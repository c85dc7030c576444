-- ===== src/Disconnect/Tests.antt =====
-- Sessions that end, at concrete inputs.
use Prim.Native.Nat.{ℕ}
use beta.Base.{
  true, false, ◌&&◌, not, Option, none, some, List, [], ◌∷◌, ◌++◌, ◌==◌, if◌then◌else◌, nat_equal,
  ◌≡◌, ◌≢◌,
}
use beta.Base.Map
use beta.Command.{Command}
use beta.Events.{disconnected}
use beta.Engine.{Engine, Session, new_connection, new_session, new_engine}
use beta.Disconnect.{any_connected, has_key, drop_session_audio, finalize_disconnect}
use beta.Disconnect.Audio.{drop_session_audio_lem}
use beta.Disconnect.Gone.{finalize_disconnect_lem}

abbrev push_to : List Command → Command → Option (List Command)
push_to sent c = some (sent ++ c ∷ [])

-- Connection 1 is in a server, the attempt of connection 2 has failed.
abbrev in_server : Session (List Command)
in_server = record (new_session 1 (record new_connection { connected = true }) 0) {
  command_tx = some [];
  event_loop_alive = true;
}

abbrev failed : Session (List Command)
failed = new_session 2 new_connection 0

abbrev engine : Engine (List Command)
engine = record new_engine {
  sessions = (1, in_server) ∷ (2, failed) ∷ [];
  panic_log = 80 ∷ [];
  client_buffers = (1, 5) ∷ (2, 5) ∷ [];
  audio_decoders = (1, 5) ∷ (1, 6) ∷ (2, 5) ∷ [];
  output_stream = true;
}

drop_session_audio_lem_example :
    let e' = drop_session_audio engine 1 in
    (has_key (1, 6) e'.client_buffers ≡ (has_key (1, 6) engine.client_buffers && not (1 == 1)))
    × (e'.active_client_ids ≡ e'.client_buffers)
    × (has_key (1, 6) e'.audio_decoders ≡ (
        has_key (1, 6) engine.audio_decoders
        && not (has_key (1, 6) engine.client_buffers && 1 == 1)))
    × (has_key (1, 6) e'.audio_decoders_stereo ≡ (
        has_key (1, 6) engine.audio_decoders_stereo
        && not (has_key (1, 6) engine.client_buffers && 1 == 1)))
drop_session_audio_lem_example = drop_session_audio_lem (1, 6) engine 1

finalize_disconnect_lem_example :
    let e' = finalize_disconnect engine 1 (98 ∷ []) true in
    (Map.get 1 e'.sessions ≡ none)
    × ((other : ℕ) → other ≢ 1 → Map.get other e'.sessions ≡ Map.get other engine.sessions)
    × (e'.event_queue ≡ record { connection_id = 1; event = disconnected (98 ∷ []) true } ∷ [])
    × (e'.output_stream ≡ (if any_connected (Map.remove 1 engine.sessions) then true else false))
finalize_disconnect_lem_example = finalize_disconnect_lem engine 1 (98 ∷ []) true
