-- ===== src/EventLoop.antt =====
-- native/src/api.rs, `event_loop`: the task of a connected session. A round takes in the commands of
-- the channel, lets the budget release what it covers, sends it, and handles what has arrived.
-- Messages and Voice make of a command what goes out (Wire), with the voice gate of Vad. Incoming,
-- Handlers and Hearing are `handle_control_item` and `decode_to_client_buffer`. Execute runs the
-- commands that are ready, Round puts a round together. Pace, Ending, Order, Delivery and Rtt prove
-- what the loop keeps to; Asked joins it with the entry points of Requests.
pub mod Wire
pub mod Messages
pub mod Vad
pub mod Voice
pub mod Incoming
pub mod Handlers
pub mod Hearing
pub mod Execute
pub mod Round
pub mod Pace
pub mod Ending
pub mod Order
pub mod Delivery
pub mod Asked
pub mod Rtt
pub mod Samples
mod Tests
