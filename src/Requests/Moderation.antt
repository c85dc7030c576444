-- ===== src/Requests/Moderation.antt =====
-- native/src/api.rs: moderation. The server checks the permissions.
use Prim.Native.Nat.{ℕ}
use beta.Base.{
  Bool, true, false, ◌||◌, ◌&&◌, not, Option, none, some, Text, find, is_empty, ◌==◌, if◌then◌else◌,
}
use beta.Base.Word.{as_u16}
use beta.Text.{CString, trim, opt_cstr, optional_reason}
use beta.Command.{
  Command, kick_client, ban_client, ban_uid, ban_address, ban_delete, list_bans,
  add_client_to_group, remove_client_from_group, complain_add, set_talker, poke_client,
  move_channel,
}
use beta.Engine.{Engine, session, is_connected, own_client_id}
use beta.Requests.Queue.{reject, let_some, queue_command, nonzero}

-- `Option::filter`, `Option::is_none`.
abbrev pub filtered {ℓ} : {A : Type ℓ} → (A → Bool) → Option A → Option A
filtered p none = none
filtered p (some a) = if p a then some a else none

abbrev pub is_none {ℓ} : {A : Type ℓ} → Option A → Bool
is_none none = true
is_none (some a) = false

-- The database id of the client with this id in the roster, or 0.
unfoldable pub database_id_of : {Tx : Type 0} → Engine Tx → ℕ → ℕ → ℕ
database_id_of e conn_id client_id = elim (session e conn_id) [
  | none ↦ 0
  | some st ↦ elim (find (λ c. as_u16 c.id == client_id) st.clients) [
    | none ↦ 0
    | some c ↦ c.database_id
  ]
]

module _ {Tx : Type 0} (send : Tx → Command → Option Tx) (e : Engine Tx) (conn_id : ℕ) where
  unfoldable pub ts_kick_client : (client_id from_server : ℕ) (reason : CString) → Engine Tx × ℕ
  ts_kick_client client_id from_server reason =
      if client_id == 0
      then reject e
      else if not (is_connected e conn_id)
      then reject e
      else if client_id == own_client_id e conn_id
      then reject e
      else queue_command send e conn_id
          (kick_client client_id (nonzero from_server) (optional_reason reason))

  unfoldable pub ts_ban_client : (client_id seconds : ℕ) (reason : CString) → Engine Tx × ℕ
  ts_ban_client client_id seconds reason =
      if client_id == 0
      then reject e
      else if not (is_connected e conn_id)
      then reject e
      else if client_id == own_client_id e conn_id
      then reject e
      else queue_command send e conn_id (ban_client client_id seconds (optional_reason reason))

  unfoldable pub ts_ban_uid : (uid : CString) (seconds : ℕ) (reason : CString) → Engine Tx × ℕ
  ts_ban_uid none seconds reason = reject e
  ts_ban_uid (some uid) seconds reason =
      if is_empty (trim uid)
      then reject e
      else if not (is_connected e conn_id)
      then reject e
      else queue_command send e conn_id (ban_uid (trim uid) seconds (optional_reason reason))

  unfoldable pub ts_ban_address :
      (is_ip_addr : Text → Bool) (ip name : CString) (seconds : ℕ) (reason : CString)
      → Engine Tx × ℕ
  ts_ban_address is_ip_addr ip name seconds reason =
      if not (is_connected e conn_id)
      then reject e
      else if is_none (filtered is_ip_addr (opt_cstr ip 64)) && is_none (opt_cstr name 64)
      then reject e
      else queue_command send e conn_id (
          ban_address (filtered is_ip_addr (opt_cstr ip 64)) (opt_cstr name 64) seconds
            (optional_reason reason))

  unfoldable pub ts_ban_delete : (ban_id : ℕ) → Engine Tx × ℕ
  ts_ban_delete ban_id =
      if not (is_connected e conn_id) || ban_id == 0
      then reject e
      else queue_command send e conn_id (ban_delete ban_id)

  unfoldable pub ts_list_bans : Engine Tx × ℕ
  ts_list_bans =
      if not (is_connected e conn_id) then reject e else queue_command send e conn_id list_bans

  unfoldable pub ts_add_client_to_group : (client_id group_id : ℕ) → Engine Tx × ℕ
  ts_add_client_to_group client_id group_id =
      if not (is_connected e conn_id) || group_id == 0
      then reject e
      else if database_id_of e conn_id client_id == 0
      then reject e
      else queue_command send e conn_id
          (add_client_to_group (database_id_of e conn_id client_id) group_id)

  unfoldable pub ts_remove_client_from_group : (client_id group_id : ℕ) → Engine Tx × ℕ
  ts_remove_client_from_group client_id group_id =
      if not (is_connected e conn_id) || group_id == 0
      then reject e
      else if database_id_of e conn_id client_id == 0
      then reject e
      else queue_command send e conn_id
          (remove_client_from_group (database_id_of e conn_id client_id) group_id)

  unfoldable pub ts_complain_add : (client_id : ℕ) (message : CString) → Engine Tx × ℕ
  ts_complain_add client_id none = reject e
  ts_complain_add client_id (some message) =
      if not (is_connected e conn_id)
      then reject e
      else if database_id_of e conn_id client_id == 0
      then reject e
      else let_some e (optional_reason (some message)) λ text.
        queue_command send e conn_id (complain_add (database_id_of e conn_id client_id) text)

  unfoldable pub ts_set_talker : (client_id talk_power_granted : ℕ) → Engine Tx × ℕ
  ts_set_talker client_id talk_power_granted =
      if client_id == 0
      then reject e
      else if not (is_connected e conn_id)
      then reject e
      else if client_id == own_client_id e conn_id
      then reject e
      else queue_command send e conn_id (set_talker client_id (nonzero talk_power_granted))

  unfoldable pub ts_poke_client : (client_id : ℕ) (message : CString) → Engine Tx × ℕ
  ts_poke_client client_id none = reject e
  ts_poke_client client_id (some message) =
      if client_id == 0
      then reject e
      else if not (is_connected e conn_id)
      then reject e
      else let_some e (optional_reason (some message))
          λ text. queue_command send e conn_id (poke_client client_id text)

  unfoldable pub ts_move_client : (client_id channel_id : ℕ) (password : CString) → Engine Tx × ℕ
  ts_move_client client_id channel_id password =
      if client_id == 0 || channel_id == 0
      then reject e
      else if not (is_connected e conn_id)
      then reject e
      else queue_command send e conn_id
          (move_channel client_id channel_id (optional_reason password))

· · · · · · ·

Print, exactly as written, the first line of the records above and each line after it until the line with "use beta.Base.Map", which is printed too.

repository c85dc7030c576444
-- ===== src/Disconnect/Tests.antt =====
-- Sessions that end, at concrete inputs.
use Prim.Native.Nat.{ℕ}
use beta.Base.{
  true, false, ◌&&◌, not, Option, none, some, List, [], ◌∷◌, ◌++◌, ◌==◌, if◌then◌else◌, nat_equal,
  ◌≡◌, ◌≢◌,
}
use beta.Base.Map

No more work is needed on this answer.